> WHAT YOU NEED TO DO
From the listing below, pull out the lines that hold "none".

> LISTED ENTRIES
Segment Open
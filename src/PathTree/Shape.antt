-- ===== src/PathTree/Shape.antt =====
-- The shape that routing relies on: each node is the one its key describes, a child that is a
-- parameter or a wildcard has no siblings, and a wildcard has no children.
pub mod Siblings
pub mod Keep
pub mod KeepDelete
use event_gateway.Common.{
  String, ◌≡◌, refl, Bool, true, false, Option, none, some, ◌==◌, eq_iff, eq_refl, arith,
  if◌then◌else◌, ℕ, sym, ◌∙◌, subst, ap, ne_test, some-ne-none, String-cases, inl, inr, zero, suc,
}
use event_gateway.PathTree.Children.{get-entry_self, get-entry_ne, get-put_ne, get-delete-none}
use event_gateway.PathTree.Defs.{
  Node, Children, nil, entry, node, get, put, delete, nth, children, segment, parameter, is_static,
  is_parameter, is_wildcard, parameter_of, is_static_segment, is_param_segment, is_wildcard_segment,
  create_node, with_value, replace,
}

-- The node that `createNode` makes for the segment `k`, but for its children and its value.
abbrev pub HasShape : {V : Type 0} → String → Node V → Type 0
HasShape k n =
    (segment n ≡ k)
    × (parameter n ≡ parameter_of k)
    × (is_static n ≡ is_static_segment k)
    × (is_parameter n ≡ is_param_segment k)
    × (is_wildcard n ≡ is_wildcard_segment k)

module _ {V : Type 0} where
  abbrev pub AllStatic : Children V → Type 0
  AllStatic nil = Unit
  AllStatic (entry k n cs) = (is_static_segment k ≡ true) × AllStatic cs

  -- A child that is no static segment is the only child.
  abbrev pub IsAlone : Children V → Type 0
  IsAlone nil = Unit
  IsAlone (entry k n nil) = Unit
  IsAlone (entry k n (entry j m cs)) = AllStatic (entry k n (entry j m cs))

unfoldable mutual
  pub IsWellFormed : {V : Type 0} → Node V → Type 0
  IsWellFormed (node s cs p st pa wi v) = AreWellFormed cs × IsAlone cs × (wi ≡ true → cs ≡ nil)

  pub AreWellFormed : {V : Type 0} → Children V → Type 0
  AreWellFormed nil = Unit
  AreWellFormed (entry k n cs) =
      HasShape k n × (get k cs ≡ none) × IsWellFormed n × AreWellFormed cs

module _ {V : Type 0} where
  pub get-AreWellFormed :
      (s : String) (cs : Children V) (child : Node V)
      → get s cs ≡ some child
      → AreWellFormed cs
      → HasShape s child × IsWellFormed child
  unfolding AreWellFormed
  get-AreWellFormed s nil child e w = unfold get in absurd (cc)
  get-AreWellFormed s (entry k n cs) child e w = elim (String-cases k s) [
    | inl same ↦
        let found : n ≡ child = cc (get-entry_self k s n cs same) in
        subst (λ c. HasShape s c × IsWellFormed c) found
          (subst (λ j. HasShape j n × IsWellFormed n) same (w.0, w.2))
    | inr other ↦ get-AreWellFormed s cs child (sym (get-entry_ne k s n cs other) ∙ e) w.3
  ]

  pub put-AreWellFormed :
      (s : String) (cs : Children V) (child : Node V)
      → HasShape s child
      → IsWellFormed child
      → AreWellFormed cs
      → AreWellFormed (put s child cs)
  unfolding AreWellFormed get put
  put-AreWellFormed s nil child shape ok w = (shape, refl, ok, tt)
  put-AreWellFormed s (entry k n cs) child shape ok w = elim (String-cases k s) [
    | inl same ↦ rw ((eq_iff k s).1 same) (shape, subst (λ j. get j cs ≡ none) same w.1, ok, w.3)
    | inr other ↦ rw (ne_test k s other) (
      w.0,
      get-put_ne s k child cs w.1 (λ e. other (sym e)),
      w.2,
      put-AreWellFormed s cs child shape ok w.3,
    )
  ]

  pub delete-AreWellFormed :
      (s : String) (cs : Children V) → AreWellFormed cs → AreWellFormed (delete s cs)
  unfolding AreWellFormed delete
  delete-AreWellFormed s nil w = tt
  delete-AreWellFormed s (entry k n cs) w = elim (String-cases k s) [
    | inl same ↦ rw ((eq_iff k s).1 same) (delete-AreWellFormed s cs w.3)
    | inr other ↦
        rw (ne_test k s other) (w.0, get-delete-none s k cs w.1, w.2, delete-AreWellFormed s cs w.3)
  ]

  -- An entry that the iteration of the map meets is the one under some key.
  pub nth-AreWellFormed :
      (i : ℕ) (cs : Children V) (child : Node V)
      → nth i cs ≡ some child
      → AreWellFormed cs
      → (k : String) × (get k cs ≡ some child)
  unfolding AreWellFormed nth
  nth-AreWellFormed i nil child e w = absurd (cc)
  nth-AreWellFormed zero (entry k n cs) child e w = (k, get-entry_self k k n cs refl ∙ e)
  nth-AreWellFormed (suc i) (entry k n cs) child e w =
      let (j, found) = nth-AreWellFormed i cs child e w.3 in
      (
        j,
        get-entry_ne k j n cs
              (λ same. absurd (some-ne-none found (subst (λ t. get t cs ≡ none) same w.1)))
            ∙ found,
      )

  pub children-WellFormed : (n : Node V) → IsWellFormed n → AreWellFormed (children n)
  unfolding IsWellFormed
  children-WellFormed (node s cs p st pa wi v) w = w.0

  pub children-IsAlone : (n : Node V) → IsWellFormed n → IsAlone (children n)
  unfolding IsWellFormed
  children-IsAlone (node s cs p st pa wi v) w = w.1

  pub WellFormed_wildcard : (n : Node V) → IsWellFormed n → is_wildcard n ≡ true → children n ≡ nil
  unfolding IsWellFormed
  WellFormed_wildcard (node s cs p st pa wi v) w h = w.2 h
Segment Closed
> ANSWER BOX
  String, ◌≡◌, refl, Bool, true, false, Option, none, some, ◌==◌, eq_iff, eq_refl, arith,
  if◌then◌else◌, ℕ, sym, ◌∙◌, subst, ap, ne_test, some-ne-none, String-cases, inl, inr, zero, suc,
use event_gateway.PathTree.Children.{get-entry_self, get-entry_ne, get-put_ne, get-delete-none}
      HasShape k n × (get k cs ≡ none) × IsWellFormed n × AreWellFormed cs
    | inl same ↦ rw ((eq_iff k s).1 same) (shape, subst (λ j. get j cs ≡ none) same w.1, ok, w.3)
        rw (ne_test k s other) (w.0, get-delete-none s k cs w.1, w.2, delete-AreWellFormed s cs w.3)
              (λ same. absurd (some-ne-none found (subst (λ t. get t cs ≡ none) same w.1)))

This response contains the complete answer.